**What is being asked:**
Reproduce precisely the lines of the listing below, starting with the line that contains "pub idx_same : after.path_idx ≡ d.path_idx" and stopping after the line that contains "get_elem?-set_self (pad (i"; include nothing else.

Exercise data START

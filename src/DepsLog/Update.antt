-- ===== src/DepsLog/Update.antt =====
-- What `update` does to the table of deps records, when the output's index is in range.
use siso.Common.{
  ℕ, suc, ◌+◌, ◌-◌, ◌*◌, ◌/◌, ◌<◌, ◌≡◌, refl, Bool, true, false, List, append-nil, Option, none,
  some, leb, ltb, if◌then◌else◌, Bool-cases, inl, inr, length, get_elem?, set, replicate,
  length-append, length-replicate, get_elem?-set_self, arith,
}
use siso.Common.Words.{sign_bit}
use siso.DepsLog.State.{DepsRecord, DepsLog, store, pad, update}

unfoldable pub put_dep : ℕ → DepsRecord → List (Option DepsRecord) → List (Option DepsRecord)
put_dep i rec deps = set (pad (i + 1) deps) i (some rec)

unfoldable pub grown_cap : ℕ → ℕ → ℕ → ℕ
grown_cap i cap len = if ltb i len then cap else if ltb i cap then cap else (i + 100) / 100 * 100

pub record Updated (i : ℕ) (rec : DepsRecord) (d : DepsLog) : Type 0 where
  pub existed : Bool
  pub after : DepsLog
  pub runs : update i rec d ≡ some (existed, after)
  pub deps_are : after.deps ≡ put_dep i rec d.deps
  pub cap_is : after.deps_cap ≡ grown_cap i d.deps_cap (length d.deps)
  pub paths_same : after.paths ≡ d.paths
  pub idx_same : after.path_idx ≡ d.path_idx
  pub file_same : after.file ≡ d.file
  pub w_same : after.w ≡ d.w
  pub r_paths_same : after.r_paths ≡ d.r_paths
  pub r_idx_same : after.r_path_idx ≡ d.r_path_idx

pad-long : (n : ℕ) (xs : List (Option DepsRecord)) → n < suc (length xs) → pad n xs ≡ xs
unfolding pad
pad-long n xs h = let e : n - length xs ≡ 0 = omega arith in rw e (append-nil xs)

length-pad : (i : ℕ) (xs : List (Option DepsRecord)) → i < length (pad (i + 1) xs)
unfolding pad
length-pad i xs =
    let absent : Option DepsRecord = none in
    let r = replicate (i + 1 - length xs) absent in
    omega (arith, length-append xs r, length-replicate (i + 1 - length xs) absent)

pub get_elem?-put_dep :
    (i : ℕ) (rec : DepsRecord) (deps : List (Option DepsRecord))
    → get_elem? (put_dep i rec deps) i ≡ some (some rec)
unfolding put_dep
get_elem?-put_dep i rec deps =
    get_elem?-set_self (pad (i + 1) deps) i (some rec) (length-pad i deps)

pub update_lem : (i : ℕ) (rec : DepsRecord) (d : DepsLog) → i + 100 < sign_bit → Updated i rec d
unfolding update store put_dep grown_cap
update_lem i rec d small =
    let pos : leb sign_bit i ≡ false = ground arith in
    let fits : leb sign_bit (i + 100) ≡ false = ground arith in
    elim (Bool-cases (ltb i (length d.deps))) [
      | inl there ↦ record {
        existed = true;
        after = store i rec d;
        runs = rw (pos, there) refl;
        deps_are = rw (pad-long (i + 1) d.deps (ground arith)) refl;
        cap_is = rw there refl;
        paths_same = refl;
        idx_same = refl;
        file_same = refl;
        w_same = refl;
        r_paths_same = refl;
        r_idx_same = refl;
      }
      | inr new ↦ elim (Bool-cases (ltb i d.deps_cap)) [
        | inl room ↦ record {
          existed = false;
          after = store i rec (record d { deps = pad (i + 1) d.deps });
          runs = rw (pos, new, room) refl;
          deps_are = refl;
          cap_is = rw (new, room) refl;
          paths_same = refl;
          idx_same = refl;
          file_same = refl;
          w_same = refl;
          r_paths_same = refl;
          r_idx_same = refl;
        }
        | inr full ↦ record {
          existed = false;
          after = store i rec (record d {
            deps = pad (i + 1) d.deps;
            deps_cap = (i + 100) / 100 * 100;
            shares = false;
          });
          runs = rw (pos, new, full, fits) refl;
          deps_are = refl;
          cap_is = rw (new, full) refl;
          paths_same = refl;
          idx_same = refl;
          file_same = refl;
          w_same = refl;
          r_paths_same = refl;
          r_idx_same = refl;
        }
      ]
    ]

Exercise data END

**Reply to the task:**
  pub idx_same : after.path_idx ≡ d.path_idx
  pub file_same : after.file ≡ d.file
  pub w_same : after.w ≡ d.w
  pub r_paths_same : after.r_paths ≡ d.r_paths
  pub r_idx_same : after.r_path_idx ≡ d.r_path_idx

pad-long : (n : ℕ) (xs : List (Option DepsRecord)) → n < suc (length xs) → pad n xs ≡ xs
unfolding pad
pad-long n xs h = let e : n - length xs ≡ 0 = omega arith in rw e (append-nil xs)

length-pad : (i : ℕ) (xs : List (Option DepsRecord)) → i < length (pad (i + 1) xs)
unfolding pad
length-pad i xs =
    let absent : Option DepsRecord = none in
    let r = replicate (i + 1 - length xs) absent in
    omega (arith, length-append xs r, length-replicate (i + 1 - length xs) absent)

pub get_elem?-put_dep :
    (i : ℕ) (rec : DepsRecord) (deps : List (Option DepsRecord))
    → get_elem? (put_dep i rec deps) i ≡ some (some rec)
unfolding put_dep
get_elem?-put_dep i rec deps =
    get_elem?-set_self (pad (i + 1) deps) i (some rec) (length-pad i deps)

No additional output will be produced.